Bayesian optimisation (BO) uses probabilistic surrogate models - usually Gaussian processes (GPs) - for the optimisation of expensive black-box functions. At each BO iteration, the GP hyperparameters are fit to previously-evaluated data by maximising the marginal likelihood. However, this fails to account for uncertainty in the hyperparameters themselves, leading to overconfident model predictions. This uncertainty can be accounted for by taking the Bayesian approach of marginalising out the model hyperparameters. We investigate whether a fully-Bayesian treatment of the Gaussian process hyperparameters in BO (FBBO) leads to improved optimisation performance. Since an analytic approach is intractable, we compare FBBO using three approximate inference schemes to the maximum likelihood approach, using the Expected Improvement (EI) and Upper Confidence Bound (UCB) acquisition functions paired with ARD and isotropic Matern kernels, across 15 well-known benchmark problems for 4 observational noise settings.
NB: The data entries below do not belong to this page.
-- ===== src/Session/Ending.antt =====
-- The end of a session's loop at the exit of the process.
use terminald.Base.Int.{ℤ}
use terminald.Base.{
  List, [], ◌∷◌, ◌++◌, none, some, ◌≡◌, refl, sym, ap, ◌∙◌, append_assoc, ◌⊎◌, inl, inr, Bytes,
  Error, Result, ok, err,
}
use terminald.Protocol.{
  ClientMessage, resize, input, ServerMessage, output, error, exited, SerdeJson, decode_client,
  encode_server,
}
use terminald.Session.{
  text, binary, ping, pong, close, Event, received, next, all_ended, Turn, Action, send, Run,
  attempt, waiting, drive_socket, turn, forward, on_message, after_decode,
}

abbrev pub exit_turn : ℤ → Result (Unit {0}) → Turn
exit_turn c answer = record { event = received (exited c); answer = answer }

-- A turn goes on to the rest of the loop and has its result, or ends the loop whatever the rest is.
abbrev Step : (Run → Run) → Type 0
Step f =
    ((rest : Run) → (f rest).result ≡ rest.result)
    ⊎ ((r : Result (Unit {0})) × (s : Run) × (s.result ≡ some r) × ((rest : Run) → f rest ≡ s))

stopped :
    (r : Result (Unit {0}))
    → (q : Result (Unit {0})) × (s : Run) × (s.result ≡ some q)
      × ((rest : Run) → record { actions = []; result = some r } ≡ s)
stopped r = (r, record { actions = []; result = some r }, refl, λ rest. refl)

attempt-Step : (a : Action) (answer : Result (Unit {0})) → Step (attempt a answer)
attempt-Step a (ok u) = inl (λ rest. refl)
attempt-Step a (err e) =
    inr (err e, record { actions = a ∷ []; result = some (err e) }, refl, λ rest. refl)

forward-Step : (m : ServerMessage) (answer : Result (Unit {0})) → Step (forward m answer)
unfolding forward
forward-Step (output d) answer = attempt-Step _ answer
forward-Step (error s) answer = attempt-Step _ answer
forward-Step (exited c) (ok tt) = inr (
  ok tt,
  record { actions = send (binary (encode_server (exited c))) ∷ []; result = some (ok tt) },
  refl,
  λ rest. refl,
)
forward-Step (exited c) (err e) = attempt-Step _ (err e)

module _ (json : SerdeJson) (alternate : Error → Bytes) where
  after_decode-Step :
      (r : Result ClientMessage) (answer : Result (Unit {0}))
      → Step (after_decode json alternate r answer)
  unfolding after_decode
  after_decode-Step (ok (input d)) answer = attempt-Step _ answer
  after_decode-Step (ok (resize r)) answer = attempt-Step _ answer
  after_decode-Step (err e) answer = attempt-Step _ answer

  turn-Step : (e : Event) (answer : Result (Unit {0})) → Step (turn json alternate e answer)
  unfolding turn on_message
  turn-Step (received m) answer = forward-Step m answer
  turn-Step (next (ok (binary f))) answer = after_decode-Step (decode_client json f) answer
  turn-Step (next (ok (text d))) answer = attempt-Step _ answer
  turn-Step (next (ok (ping d))) answer = attempt-Step _ answer
  turn-Step (next (ok (pong d))) answer = inl (λ rest. refl)
  turn-Step (next (ok close)) answer = inr (stopped (ok tt))
  turn-Step (next (err e)) answer = inr (stopped (err e))
  turn-Step all_ended answer = inr (stopped (ok tt))

  Step-ended :
      (f : Run → Run)
      → Step f
      → (rest other : Run) (r : Result (Unit {0})) → (f rest).result ≡ some r
      → (rest.result ≡ some r → other ≡ rest)
      → f other ≡ f rest
  Step-ended f (inl same) rest other r h k = ap f (k (sym (same rest) ∙ h))
  Step-ended f (inr (_, s, _, const)) rest other r h k = const other ∙ sym (const rest)

  drive_socket-append :
      (ts more : List Turn) (r : Result (Unit {0}))
      → (drive_socket json alternate ts).result ≡ some r
      → drive_socket json alternate (ts ++ more) ≡ drive_socket json alternate ts
  unfolding drive_socket
  drive_socket-append [] more r h = cc
  drive_socket-append (t ∷ ts) more r h =
      Step-ended (turn json alternate t.event t.answer) (turn-Step t.event t.answer)
        (drive_socket json alternate ts) (drive_socket json alternate (ts ++ more)) r h
        (drive_socket-append ts more r)

  ended-Step :
      (f : Run → Run)
      → Step f
      → (rest : Run) → (r : Result (Unit {0})) × (rest.result ≡ some r)
      → (r : Result (Unit {0})) × ((f rest).result ≡ some r)
  ended-Step f (inl same) rest (r, h) = (r, same rest ∙ h)
  ended-Step f (inr (r, s, e, const)) rest h = (r, ap (λ run. run.result) (const rest) ∙ e)

  forward_ends :
      (c : ℤ) (answer : Result (Unit {0})) (rest : Run)
      → (r : Result (Unit {0})) × ((forward (exited c) answer rest).result ≡ some r)
  unfolding forward
  forward_ends c (ok tt) rest = (ok tt, refl)
  forward_ends c (err e) rest = (err e, refl)

  pub exit_ends :
      (ts : List Turn) (c : ℤ) (answer : Result (Unit {0}))
      → (r : Result (Unit {0})) × ((drive_socket json alternate
            (ts ++ exit_turn c answer ∷ [])).result
          ≡ some r)
  unfolding drive_socket turn
  exit_ends [] c answer = forward_ends c answer waiting
  exit_ends (t ∷ ts) c answer =
      ended-Step (turn json alternate t.event t.answer) (turn-Step t.event t.answer) _
        (exit_ends ts c answer)

  -- Once the loop has received `Exited`, it is left: there is a result, and neither the result nor the
  -- calls made depend on what would come after.
  pub drive_socket_exit :
      (ts more : List Turn) (c : ℤ) (answer : Result (Unit {0}))
      → (r : Result (Unit {0})) × ((drive_socket json alternate
            (ts ++ exit_turn c answer ∷ more)).result
          ≡ some r)
        × (drive_socket json alternate (ts ++ exit_turn c answer ∷ more)
            ≡ drive_socket json alternate (ts ++ exit_turn c answer ∷ []))
  drive_socket_exit ts more c answer =
      let (r, e) = exit_ends ts c answer in
      let same : drive_socket json alternate (ts ++ exit_turn c answer ∷ more)
          ≡ drive_socket json alternate (ts ++ exit_turn c answer ∷ []) =
        ap (drive_socket json alternate) (sym (append_assoc ts (exit_turn c answer ∷ []) more))
        ∙ drive_socket-append (ts ++ exit_turn c answer ∷ []) more r e in
      (r, ap (λ run. run.result) same ∙ e, same)

  -- A loop that goes on, goes on behind a turn that would not end it.
  pub drive_socket_goes_on :
      (ts : List Turn) (t : Turn)
      → (drive_socket json alternate (t ∷ [])).result ≡ none
      → (drive_socket json alternate ts).result ≡ none
      → (drive_socket json alternate (ts ++ t ∷ [])).result ≡ none
  unfolding drive_socket
  drive_socket_goes_on [] t on h = on
  drive_socket_goes_on (u ∷ ts) t on h = elim (turn-Step u.event u.answer) [
    | inl same ↦ same _ ∙ drive_socket_goes_on ts t on (sym (same _) ∙ h)
    | inr (r, run, stopped, const) ↦ absurd (
        let clash = sym h ∙ ap (λ x. x.result) (const (drive_socket json alternate ts)) ∙ stopped in
        cc)
  ]
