-- ===== src/Session/System/Order.antt =====
-- Where the message of the process's exit stands while both tasks run: behind all the others.
use terminald.Base.Int.{ℤ}
use terminald.Base.{
  List, [], ◌∷◌, ◌++◌, append_assoc, none, some, ◌≡◌, ◌≢◌, refl, sym, ◌∙◌, append-nil, Bytes, Error,
  Result, ok, err,
}
use terminald.Channel.{Channel, IsChannel}
use terminald.Protocol.{ServerMessage, output, error, exited, SerdeJson}
use terminald.Session.{received, next, all_ended, Turn, drive_socket}
use terminald.Session.Ending.{exit_ends}
use terminald.Session.Screen.{screen}
use terminald.Session.System.{
  channel_capacity, Phase, reading, sending, exiting, done, after_read, after_send, System, GoesOn,
  take_turn, Step, reads, exits, waits, wait_fails, sends, send_fails, receives, serves, finishes,
  ends, drops, Reach, start, later,
}
use terminald.Session.System.Places.{in_hand}
use terminald.Session.System.Flow.{unshown, IsFlowing, Reach-IsFlowing, system_loses_nothing}

-- No exit is among the messages.
abbrev pub IsOpen : List ServerMessage → Type 0
IsOpen [] = Unit {0}
IsOpen (output d ∷ ms) = IsOpen ms
IsOpen (error s ∷ ms) = IsOpen ms
IsOpen (exited c ∷ ms) = ⊥

-- The last message is an exit, and no other is.
abbrev pub IsEnded : List ServerMessage → Type 0
IsEnded [] = ⊥
IsEnded (output d ∷ ms) = IsEnded ms
IsEnded (error s ∷ ms) = IsEnded ms
IsEnded (exited c ∷ ms) = ms ≡ []

-- What the channel holds at each phase.
abbrev pub IsOrdered : Phase → List ServerMessage → Type 0
IsOrdered reading ms = IsOpen ms
IsOrdered (sending m) ms = IsOpen ms
IsOrdered exiting ms = IsOpen ms
IsOrdered done ms = IsEnded ms

after_read-IsOrdered :
    (alternate : Error → Bytes) (r : Result Bytes) (ms : List ServerMessage)
    → IsOpen ms
    → IsOrdered (after_read alternate r) ms
after_read-IsOrdered alternate (ok []) ms h = h
after_read-IsOrdered alternate (ok (b ∷ bs)) ms h = h
after_read-IsOrdered alternate (err e) ms h = h

append-IsOpen : (ms ns : List ServerMessage) → IsOpen ms → IsOpen ns → IsOpen (ms ++ ns)
append-IsOpen [] ns h k = k
append-IsOpen (output d ∷ ms) ns h k = append-IsOpen ms ns h k
append-IsOpen (error s ∷ ms) ns h k = append-IsOpen ms ns h k
append-IsOpen (exited c ∷ ms) ns h k = absurd h

append-IsEnded : (ms : List ServerMessage) (c : ℤ) → IsOpen ms → IsEnded (ms ++ exited c ∷ [])
append-IsEnded [] c h = refl
append-IsEnded (output d ∷ ms) c h = append-IsEnded ms c h
append-IsEnded (error s ∷ ms) c h = append-IsEnded ms c h
append-IsEnded (exited x ∷ ms) c h = absurd h

after_send-IsOrdered :
    (m : ServerMessage) (ms : List ServerMessage)
    → IsOpen ms
    → IsOrdered (after_send m) (ms ++ m ∷ [])
after_send-IsOrdered (output d) ms h = append-IsOpen ms _ h tt
after_send-IsOrdered (error s) ms h = append-IsOpen ms _ h tt
after_send-IsOrdered (exited c) ms h = append-IsEnded ms c h

-- An exit that is received is the last message, and the task is done.
exit_is_last :
    (p : Phase) (c : ℤ) (ms : List ServerMessage)
    → IsOrdered p (exited c ∷ ms)
    → (p ≡ done) × (ms ≡ [])
exit_is_last reading c ms h = absurd h
exit_is_last (sending m) c ms h = absurd h
exit_is_last exiting c ms h = absurd h
exit_is_last done c ms h = (refl, h)

tail-IsOrdered :
    (p : Phase) (m : ServerMessage) (ms : List ServerMessage)
    → ((c : ℤ) → m ≢ exited c)
    → IsOrdered p (m ∷ ms)
    → IsOrdered p ms
tail-IsOrdered p (exited c) ms other h = absurd (other c refl)
tail-IsOrdered reading (output d) ms other h = h
tail-IsOrdered (sending m) (output d) ms other h = h
tail-IsOrdered exiting (output d) ms other h = h
tail-IsOrdered done (output d) ms other h = h
tail-IsOrdered reading (error s) ms other h = h
tail-IsOrdered (sending m) (error s) ms other h = h
tail-IsOrdered exiting (error s) ms other h = h
tail-IsOrdered done (error s) ms other h = h

module _ {Queue : Type 0} (json : SerdeJson) (alternate : Error → Bytes)
    (chan : Channel ServerMessage Queue) (lawful : IsChannel channel_capacity chan) where
  exit-stops :
      (ts : List Turn) (c : ℤ) (answer : Result (Unit {0}))
      → ¬ GoesOn json alternate (take_turn (received (exited c)) answer ts)
  exit-stops ts c answer on =
      let ended = exit_ends json alternate ts c answer in let clash = sym on ∙ ended.1 in cc

  abbrev pub IsQueued : System Queue → Type 0
  IsQueued s = GoesOn json alternate s.turns → IsOrdered s.phase (unshown json alternate chan s)

  Step-IsQueued :
      {s t : System Queue}
      → Step json alternate chan s t
      → IsFlowing json alternate chan s
      → IsQueued s
      → IsQueued t
  Step-IsQueued (reads s r p) v w on = after_read-IsOrdered alternate r _ (rw p at (w on))
  Step-IsQueued (exits s) v w on = w on
  Step-IsQueued (waits s status p over) v w on = rw p at (w on)
  Step-IsQueued (wait_fails s e p) v w on = rw p at (w on)
  Step-IsQueued (sends s m q p alive sent) v w on =
      rw
        (
          lawful.sends_behind m s.queue q sent,
          ← append_assoc (in_hand s.handling) (chan.contents s.queue) (m ∷ []),
        )
        (after_send-IsOrdered m _ (rw p at (w on)))
  Step-IsQueued (send_fails s m p g) v w on = absurd (v.left g on)
  Step-IsQueued (receives s m q was free got) v w on =
      rw (free, lawful.receives_first m s.queue q got) at (w was)
  Step-IsQueued (serves s item was free) v w on = rw free at (w was)
  Step-IsQueued (finishes s (received m) answer was busy) v w on =
      tail-IsOrdered s.phase m (chan.contents s.queue)
        (λ c e. exit-stops s.turns c answer (rw e at on)) (rw busy at (w was))
  Step-IsQueued (finishes s (next item) answer was busy) v w on = rw busy at (w was)
  Step-IsQueued (finishes s all_ended answer was busy) v w on = rw busy at (w was)
  Step-IsQueued (ends s answer was free p got) v w on =
      absurd (rw (free, p, lawful.waits_when_empty s.queue got) at (w was))
  Step-IsQueued (drops s off) v w on = w on

  pub Reach-IsQueued : {s : System Queue} → Reach json alternate chan s → IsQueued s
  Reach-IsQueued start on = rw lawful.starts_empty tt
  Reach-IsQueued (later reached step) on =
      Step-IsQueued step (Reach-IsFlowing json alternate chan lawful reached)
        (Reach-IsQueued reached) on

  -- The exit of the process is received behind all else: when the loop stands at its `select!` and the
  -- channel gives it the exit, the reader task is done, nothing is behind the exit, and the client has
  -- been shown every byte that was read from the terminal.
  pub exit_shows_all :
      {s : System Queue} (c : ℤ) (q : Queue)
      → Reach json alternate chan s
      → GoesOn json alternate s.turns
      → s.handling ≡ none
      → chan.recv s.queue ≡ some (exited c, q)
      → (s.phase ≡ done)
        × (chan.contents q ≡ [])
        × (screen (drive_socket json alternate s.turns).actions ≡ s.taken)
  exit_shows_all {s = s} c q reached on free got =
      let first = lawful.receives_first (exited c) s.queue q got in
      let last =
        exit_is_last s.phase c (chan.contents q)
          (rw (free, first) at (Reach-IsQueued reached on)) in
      let kept = system_loses_nothing json alternate chan lawful reached on in
      (last.0, last.1, sym (append-nil _) ∙ (rw (free, first, last.0, last.1) at kept))
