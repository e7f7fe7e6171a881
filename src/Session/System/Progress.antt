-- ===== src/Session/System/Progress.antt =====
-- The steps that the two tasks make by themselves: when none is left, what has been read is on the client's
-- screen, or the loop awaits a call.
use terminald.Base.{
  arith, ℕ, suc, ◌+◌, ◌*◌, ◌≤◌, ◌<◌, [], Option, none, some, false, ◌≡◌, ◌⊎◌, inl, inr, refl,
  Option-cases, Bool-cases, sym, ◌∙◌, append-nil, length, length-append, Bytes, Error,
}
use terminald.Channel.{Channel, IsChannel}
use terminald.Protocol.{ServerMessage, output, error, exited, SerdeJson}
use terminald.Session.{Event, drive_socket}
use terminald.Session.Screen.{screen}
use terminald.Session.System.{
  channel_capacity, Phase, reading, sending, exiting, done, after_send, System, GoesOn, Step, reads,
  exits, waits, wait_fails, sends, send_fails, receives, serves, finishes, ends, drops, Reach,
  start, later,
}
use terminald.Session.System.Flow.{Reach-IsFlowing, system_loses_nothing}
use terminald.Session.System.Order.{IsOrdered, Reach-IsQueued}

-- How much the reader task has still to hand on before its next read.
abbrev pub weight : Phase → ℕ
weight reading = 0
weight (sending (output d)) = 3
weight (sending (error s)) = 7
weight (sending (exited c)) = 3
weight exiting = 4
weight done = 0

weight-after_send : (m : ServerMessage) → weight (after_send m) + 3 ≤ weight (sending m)
weight-after_send (output d) = omega arith
weight-after_send (error s) = omega arith
weight-after_send (exited c) = omega arith

weight_bound : (p : Phase) → weight p ≤ 7
weight_bound reading = omega arith
weight_bound (sending (output d)) = omega arith
weight_bound (sending (error s)) = omega arith
weight_bound (sending (exited c)) = omega arith
weight_bound exiting = omega arith
weight_bound done = omega arith

-- Whether the loop is in a handler.
abbrev pub busy : Option Event → ℕ
busy none = 0
busy (some event) = 1

busy_bound : (o : Option Event) → busy o ≤ 1
busy_bound none = omega arith
busy_bound (some event) = omega arith

module _ {Queue : Type 0} (json : SerdeJson) (alternate : Error → Bytes)
    (chan : Channel ServerMessage Queue) where
  -- A step that a task makes by itself: it needs no answer of the system, the socket or the process.
  abbrev pub IsOwn : {s t : System Queue} → Step json alternate chan s t → Type 0
  IsOwn (reads s r p) = ⊥
  IsOwn (exits s) = ⊥
  IsOwn (waits s status p over) = Unit {0}
  IsOwn (wait_fails s e p) = ⊥
  IsOwn (sends s m q p alive sent) = Unit {0}
  IsOwn (send_fails s m p g) = ⊥
  IsOwn (receives s m q on free got) = Unit {0}
  IsOwn (serves s item on free) = ⊥
  IsOwn (finishes s event answer on held) = ⊥
  IsOwn (ends s answer on free p got) = ⊥
  IsOwn (drops s off) = ⊥

  -- A step that hands on what was read already: one of those, or a call of the loop that returns.
  abbrev pub IsInner : {s t : System Queue} → Step json alternate chan s t → Type 0
  IsInner (reads s r p) = ⊥
  IsInner (exits s) = ⊥
  IsInner (waits s status p over) = Unit {0}
  IsInner (wait_fails s e p) = ⊥
  IsInner (sends s m q p alive sent) = Unit {0}
  IsInner (send_fails s m p g) = ⊥
  IsInner (receives s m q on free got) = Unit {0}
  IsInner (serves s item on free) = ⊥
  IsInner (finishes s event answer on held) = Unit {0}
  IsInner (ends s answer on free p got) = ⊥
  IsInner (drops s off) = ⊥

  pub data Inner : ℕ → System Queue → System Queue → Type 0 where
    rest : {s : System Queue} → Inner 0 s s
    more :
        {n : ℕ} {s t u : System Queue} (step : Step json alternate chan s t)
        → IsInner step
        → Inner n t u
        → Inner (suc n) s u

  abbrev pub load : System Queue → ℕ
  load s = weight s.phase + 2 * length (chan.contents s.queue) + busy s.handling

  module _ (lawful : IsChannel channel_capacity chan) where
    pub Inner-load :
        {s t : System Queue} (step : Step json alternate chan s t) → IsInner step → load t < load s
    Inner-load (reads s r p) h = absurd h
    Inner-load (exits s) h = absurd h
    Inner-load (waits s status p over) h = rw p (omega arith)
    Inner-load (wait_fails s e p) h = absurd h
    Inner-load (sends s m q p alive sent) h =
        let w = weight-after_send m in
        rw (p, lawful.sends_behind m s.queue q sent, length-append) (omega arith)
    Inner-load (send_fails s m p g) h = absurd h
    Inner-load (receives s m q on free got) h =
        rw (free, lawful.receives_first m s.queue q got) (omega arith)
    Inner-load (serves s item on free) h = absurd h
    Inner-load (finishes s event answer on held) h = rw held (omega arith)
    Inner-load (ends s answer on free p got) h = absurd h
    Inner-load (drops s off) h = absurd h

    Inner-load_bound : {n : ℕ} {s t : System Queue} → Inner n s t → n ≤ load s
    Inner-load_bound rest = omega arith
    Inner-load_bound (more step h run) =
        let less = Inner-load step h in let others = Inner-load_bound run in omega arith

    Step-bounded :
        {s t : System Queue}
        → Step json alternate chan s t
        → length (chan.contents s.queue) ≤ channel_capacity
        → length (chan.contents t.queue) ≤ channel_capacity
    Step-bounded (reads s r p) h = h
    Step-bounded (exits s) h = h
    Step-bounded (waits s status p over) h = h
    Step-bounded (wait_fails s e p) h = h
    Step-bounded (sends s m q p alive sent) h = lawful.stays_bounded m s.queue q sent
    Step-bounded (send_fails s m p g) h = h
    Step-bounded (receives s m q on free got) h =
        let less = (rw (lawful.receives_first m s.queue q got) at h) in omega arith
    Step-bounded (serves s item on free) h = h
    Step-bounded (finishes s event answer on held) h = h
    Step-bounded (ends s answer on free p got) h = h
    Step-bounded (drops s off) h = h

    Reach-bounded :
        {s : System Queue}
        → Reach json alternate chan s
        → length (chan.contents s.queue) ≤ channel_capacity
    Reach-bounded start = rw lawful.starts_empty (omega arith)
    Reach-bounded (later reached step) = Step-bounded step (Reach-bounded reached)

    -- Between two events of the outside, the two tasks make at most 72 steps that hand on messages.
    pub Inner-bounded :
        {n : ℕ} {s t : System Queue}
        → Reach json alternate chan s
        → Inner n s t
        → n ≤ 2 * channel_capacity + 8
    Inner-bounded {s = s} reached run =
        let bounded = Reach-bounded reached in
        let steps = Inner-load_bound run in
        let phase = weight_bound s.phase in let hand = busy_bound s.handling in omega arith

    -- The reader task waits for the terminal, or for the exit of a process that runs.
    abbrev pub WaitsOutside : System Queue → Phase → Type 0
    WaitsOutside s p = (p ≡ reading) ⊎ ((p ≡ exiting) × (s.child_ended ≡ false))

    settled_phase :
        (s : System Queue) (p : Phase)
        → s.phase ≡ p
        → s.gone ≡ false
        → chan.contents s.queue ≡ []
        → IsOrdered p []
        → ((t : System Queue) (step : Step json alternate chan s t) → ¬ IsOwn step)
        → WaitsOutside s p
    settled_phase s reading e alive empty ordered stuck = inl refl
    settled_phase s (sending m) e alive empty ordered stuck =
        elim (Option-cases (chan.send m s.queue)) [
          | inl idle ↦
              let full = (rw empty at (lawful.waits_when_full m s.queue idle)) in
              absurd (omega arith)
          | inr (q, sent) ↦ absurd (stuck _ (sends s m q e alive sent) tt)
        ]
    settled_phase s exiting e alive empty ordered stuck = elim (Bool-cases s.child_ended) [
      | inl over ↦ absurd (stuck _ (waits s none e over) tt)
      | inr runs ↦ inr (refl, runs)
    ]
    settled_phase s done e alive empty ordered stuck = absurd ordered

    pub alive-GoesOn :
        {s : System Queue}
        → Reach json alternate chan s
        → GoesOn json alternate s.turns
        → s.gone ≡ false
    alive-GoesOn {s = s} reached on = elim (Bool-cases s.gone) [
      | inl gone ↦ absurd ((Reach-IsFlowing json alternate chan lawful reached).left gone on)
      | inr alive ↦ alive
    ]

    empty-stuck :
        {s : System Queue}
        → GoesOn json alternate s.turns
        → s.handling ≡ none
        → ((t : System Queue) (step : Step json alternate chan s t) → ¬ IsOwn step)
        → chan.contents s.queue ≡ []
    empty-stuck {s = s} on free stuck = elim (Option-cases (chan.recv s.queue)) [
      | inl idle ↦ lawful.waits_when_empty s.queue idle
      | inr ((m, q), got) ↦ absurd (stuck _ (receives s m q on free got) tt)
    ]

    -- All that was read is on the screen when nothing is under way.
    shown_at_rest :
        {s : System Queue} (p : Phase)
        → s.phase ≡ p
        → Reach json alternate chan s
        → GoesOn json alternate s.turns
        → s.handling ≡ none
        → chan.contents s.queue ≡ []
        → WaitsOutside s p
        → screen (drive_socket json alternate s.turns).actions ≡ s.taken
    shown_at_rest {s = s} p e reached on free empty (inl h) =
        let kept = system_loses_nothing json alternate chan lawful reached on in
        sym (append-nil _) ∙ (rw (free, empty, e, h) at kept)
    shown_at_rest {s = s} p e reached on free empty (inr (h, runs)) =
        let kept = system_loses_nothing json alternate chan lawful reached on in
        sym (append-nil _) ∙ (rw (free, empty, e, h) at kept)

    -- The tasks never block each other at the channel: while the loop goes on and neither task can make a
    -- step by itself, the loop is in a handler and awaits its call on the socket or the terminal, or the
    -- reader task waits for the terminal or for the exit of a process that runs, and all that was read is
    -- on the client's screen.
    pub settled_shows_all :
        {s : System Queue}
        → Reach json alternate chan s
        → GoesOn json alternate s.turns
        → ((t : System Queue) (step : Step json alternate chan s t) → ¬ IsOwn step)
        → ((event : Event) × (s.handling ≡ some event))
          ⊎ (WaitsOutside s s.phase
              × (screen (drive_socket json alternate s.turns).actions ≡ s.taken))
    settled_shows_all {s = s} reached on stuck = elim (Option-cases s.handling) [
      | inl free ↦
          let empty = empty-stuck on free stuck in
          let ordered =
            (rw (free, empty) at (Reach-IsQueued json alternate chan lawful reached on)) in
          let outside =
            settled_phase s s.phase refl (alive-GoesOn reached on) empty ordered stuck in
          inr (outside, shown_at_rest s.phase refl reached on free empty outside)
      | inr held ↦ inl held
    ]
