-- ===== src/Session/System/Drain.antt =====
-- The two tasks bring to the client what was read, when the sends to the socket succeed.
use terminald.Base.{ℕ, ◌<◌, none, ◌≡◌, Bytes, Error}
use terminald.Channel.{Channel, IsChannel}
use terminald.Protocol.{ServerMessage, SerdeJson}
use terminald.Session.{drive_socket}
use terminald.Session.Screen.{screen}
use terminald.Session.System.{channel_capacity, System, GoesOn, Reach}
use terminald.Session.System.Progress.{Inner, load}

module _ {Queue : Type 0} (json : SerdeJson) (alternate : Error → Bytes)
    (chan : Channel ServerMessage Queue) (lawful : IsChannel channel_capacity chan) where
  -- Inner steps from `s` show all that was read until `s`.
  abbrev Drains : System Queue → Type 0
  Drains s =
      (n : ℕ) × (t : System Queue) × Inner json alternate chan n s t
      × (screen (drive_socket json alternate t.turns).actions ≡ s.taken)

  -- The loop stands at its `select!`.
  pub record IsFree (s : System Queue) : Type 0 where
    pub reached : Reach json alternate chan s
    pub on : GoesOn json alternate s.turns
    pub free : s.handling ≡ none

  -- How a state with less to do drains.
  abbrev Onward : System Queue → Type 0
  Onward s =
      (t : System Queue)
      → IsFree t
      → load json alternate chan t < load json alternate chan s
      → Drains t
FBBO using EI with an ARD kernel leads to the best performance in the noise-free setting, with much less difference between combinations of BO components when the noise is increased. FBBO leads to over-exploration with UCB, but is not detrimental with EI. Therefore, we recommend that FBBO using EI with an ARD kernel as the default choice for BO.

翻译：贝叶斯优化 (BO) 使用概率替代模型(通常是高斯进程(GPs) ) 来优化昂贵黑盒功能。 在BO 的每一次循环中, GP 超参数都适合先前评估的数据, 使边际可能性最大化。 但是, 这不能说明超参数本身的不确定性, 导致过度信任模型预测。 这种不确定性可以通过采取巴伊西亚方法将模型超参数边缘化来解释。 我们调查在BO( FBBO) 中对高山进程超参数进行完全的巴耶斯处理是否导致优化性能的改善。 由于分析方法非常复杂, 我们用三种近似推导法将FBBO与最大可能性方法进行比较, 使用预期改进(EI) 和高信任模型(UCB) 获得功能, 与ARD和偏向偏差(I) 15个众所周知的基准问题。 使用EBO 与 EI 和 EBEO 相比, 与 EBI 和 EB BO 混合, 与E-B 与 EB 不同,, 与E-B 与E- BO 的 将 与E-B 与E- BI 的 的 的更低的混合比。